Having lost in straight sets yesterday, Marion Bartoli went on a tirade. Upset at losing to Tathiana Garbin, she said, “I was a little tired and a little sick. I had a sore throat and my nose is running.”
The Frenchwoman went on to say, “It was very cold and the court was heavy. The ball was stuck on the strings and it was very slow.”
Bartoli had yet to get everything off her chest as she finally criticised Garbin’s supporters, “It’s her clan. When I made unforced errors, her team would shout. It’s not sporting. They’re Italians. This is what it’s like.”
One day after the disappointment of being knocked out of the French Open, a reporter sat down with Bartoli to see if she would like to comment any further.
Reporter: Hi, Marion. Thanks for taking the time to have a quick chat.
Bartoli: No problem.
Reporter: OK. Firstly, are you feeling…(Bartoli interrupts the reporter)
Bartoli: Wait. You’re not Italian, are you?
Reporter: No, I’m Spanish.
Bartoli: Oh, that’s fine then.
Reporter: Aren't you part Italian? Your grandfather is Italian, right?
Bartoli: I'm from Corsica. I am not Italian.
Reporter: I just wanted to know how you are doing, since you were feeling sick yesterday?
Bartoli: Yes, I am fine now. It was really cold yesterday and I think that caused my nose to run.
Reporter: Yes, it was the coldest it’s been all week.
Bartoli: You don’t need to tell me. It was freezing. I had to wear a long sleeve top!
Reporter: Perhaps freezing is a slight overstatement, isn’t it?
Bartoli: No, definitely not. I said yesterday that the ball was stuck on the strings. What I meant was that the ball was frozen to the strings.
Reporter: Yes, well I missed that, but surely the weather conditions were the same for both of you?
Bartoli: Of course, but I can’t play in some of these conditions. Remember last year at Wimbledon. Bethanie Mattek beat me because it was very windy. Thankfully, Wimbledon has a roof now. It means the weather can’t affect me. There’s no place for weather in the modern game.
Reporter: I would like to move onto the crowd. Now you’ve had time to reflect, do you still stand by your comments with regards to Garbin’s camp?

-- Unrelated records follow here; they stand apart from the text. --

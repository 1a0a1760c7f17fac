-- ===== src/Txn/VersionStore/Pending.antt =====
-- The versions of crates/txn/src/version_store.rs that have not begun stay so until their own
-- transaction commits.
use simple_rdbms.Common.{ℕ, ◌≡◌, ◌≢◌, refl, sym, ap, ◌∙◌, Bool, true, false, Option}
use simple_rdbms.Common.{none, some, [], ◌∷◌, arith, ◌==◌, ==_iff}
use simple_rdbms.Common.{inl, inr, Bool-cases, Option-cases}
use simple_rdbms.Common.Map.{nat_eq, get, contains, get-insert}
use simple_rdbms.Ids.{TxnId, Rid, rid_eq, rid_beq, rid_beq_sound}
use simple_rdbms.Txn.LockState.{or_empty}
use simple_rdbms.Txn.VersionChain.{VersionChain, push, mark_committed, remove_creator}
use simple_rdbms.Txn.VersionStore.{
  StoreState, record_insert, commit_versions, abort_versions, prune,
}
use simple_rdbms.Txn.VersionStore.{due, new_entry}
use simple_rdbms.Txn.VersionStore.Visibility.{is_pending, on_chain, get-commit_each}
use simple_rdbms.Txn.VersionStore.Removal.{get-abort_each, prune_each-IsPruned}

-- No version of the transaction of the row has begun.
abbrev pub pending_at : TxnId → Rid → StoreState → Bool
pending_at t q s = is_pending t (or_empty (get q s.chains))

pub pending_at-record_insert :
    (t w : TxnId) (r q : Rid) (s : StoreState)
    → pending_at t q (record_insert s w r) ≡ pending_at t q s
unfolding record_insert
pending_at-record_insert t w r q s = elim (Bool-cases (rid_beq r q)) [
  | inl e ↦ ground (
    arith,
    e,
    rid_beq_sound r q e,
    get-insert r q (push (or_empty (get r s.chains)) (new_entry w)) s.chains,
  )
  | inr e ↦
      ground (arith, e, get-insert r q (push (or_empty (get r s.chains)) (new_entry w)) s.chains)
]

is_pending-mark_committed :
    (t w : TxnId) (ts : ℕ) (chain : VersionChain)
    → (w == t) ≡ false
    → is_pending t (mark_committed chain w ts) ≡ is_pending t chain
unfolding mark_committed
is_pending-mark_committed t w ts [] n = refl
is_pending-mark_committed t w ts (e ∷ es) n = ground (
  arith,
  n,
  ==_iff e.creator_txn_id w,
  ==_iff e.creator_txn_id t,
  ==_iff w t,
  is_pending-mark_committed t w ts es n,
)

pub pending_at-commit_versions :
    (t w : TxnId) (ts : ℕ) (q : Rid) (s : StoreState)
    → w ≢ t
    → pending_at t q (commit_versions s w ts) ≡ pending_at t q s
unfolding commit_versions
pending_at-commit_versions t w ts q s n = elim (Option-cases (get w s.write_sets)) [
  | inl a ↦ ground (arith, a)
  | inr (rids, a) ↦ elim (Option-cases (get q s.chains)) [
    | inl g ↦ ground (arith, a, g, get-commit_each w ts rids q s.chains)
    | inr (c, g) ↦ ground (
      arith,
      a,
      g,
      get-commit_each w ts rids q s.chains,
      is_pending-mark_committed t w ts c (ground (arith, n, ==_iff w t)),
    )
  ]
]

is_pending-remove_creator :
    (t w : TxnId) (chain : VersionChain)
    → is_pending t chain ≡ true
    → is_pending t (remove_creator chain w) ≡ true
unfolding remove_creator
is_pending-remove_creator t w [] h = refl
is_pending-remove_creator t w (e ∷ es) h = ground (arith, h, is_pending-remove_creator t w es)

pub pending_at-abort_versions :
    (t w : TxnId) (ts : ℕ) (q : Rid) (s : StoreState)
    → pending_at t q s ≡ true
    → pending_at t q (abort_versions s w ts) ≡ true
unfolding abort_versions
pending_at-abort_versions t w ts q s h = elim (Option-cases (get w s.write_sets)) [
  | inl a ↦ ground (arith, a, h)
  | inr (rids, a) ↦ elim (Option-cases (get q s.chains)) [
    | inl g ↦ ground (arith, a, g, get-abort_each w rids q s.chains)
    | inr (c, g) ↦
        ground (arith, a, g, h, get-abort_each w rids q s.chains, is_pending-remove_creator t w c)
  ]
]

pub pending_at-prune :
    (t : TxnId) (w : ℕ) (q : Rid) (s : StoreState)
    → pending_at t q s ≡ true
    → pending_at t q (prune s w) ≡ true
unfolding prune
pending_at-prune t w q s h = elim (prune_each-IsPruned w (due w s.prune_candidates) q s) [
  | inl p ↦ ap (λ c. is_pending t (or_empty c)) p ∙ h
  | inr (p, c, g, k) ↦ ap (λ c. is_pending t (or_empty c)) p
]

on_chain_nil :
    (b : Bool) (w : TxnId) (ts : ℕ) (c : Option VersionChain)
    → on_chain b (λ x. mark_committed x w ts) c ≡ some []
    → c ≡ some []
unfolding mark_committed
on_chain_nil b w ts none h = absurd (ground (arith, h))
on_chain_nil b w ts (some []) h = refl
on_chain_nil true w ts (some (e ∷ es)) h = absurd (ground (arith, h))
on_chain_nil false w ts (some (e ∷ es)) h = absurd (ground (arith, h))

-- A commit empties no chain.
pub commit_versions-nonempty :
    (w : TxnId) (ts : ℕ) (q : Rid) (s : StoreState)
    → get q s.chains ≢ some []
    → get q (commit_versions s w ts).chains ≢ some []
unfolding commit_versions
commit_versions-nonempty w ts q s n e = elim (Option-cases (get w s.write_sets)) [
  | inl a ↦ n (ground (arith, a, e))
  | inr (rids, a) ↦ n (
      on_chain_nil (contains q rids) w ts (get q s.chains)
        (sym (get-commit_each w ts rids q s.chains) ∙ ground (arith, a, e)))
]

Bartoli: Yes, I do. I don’t know what they were thinking. They were cheering when she won a point. It can be really distracting.
Reporter: They are entitled to cheer her on though, aren’t they?
Bartoli: To a certain point. It was at Roland Garros, but notice how the French fans made very little noise for me. They respected Garbin. If more fans act like Garbin’s, we may have to play these tournaments behind closed doors.
Reporter: OK. Thanks a lot, Marion. Good luck in future tournaments.
Bartoli: Thanks. I’m glad I could clear a few things up.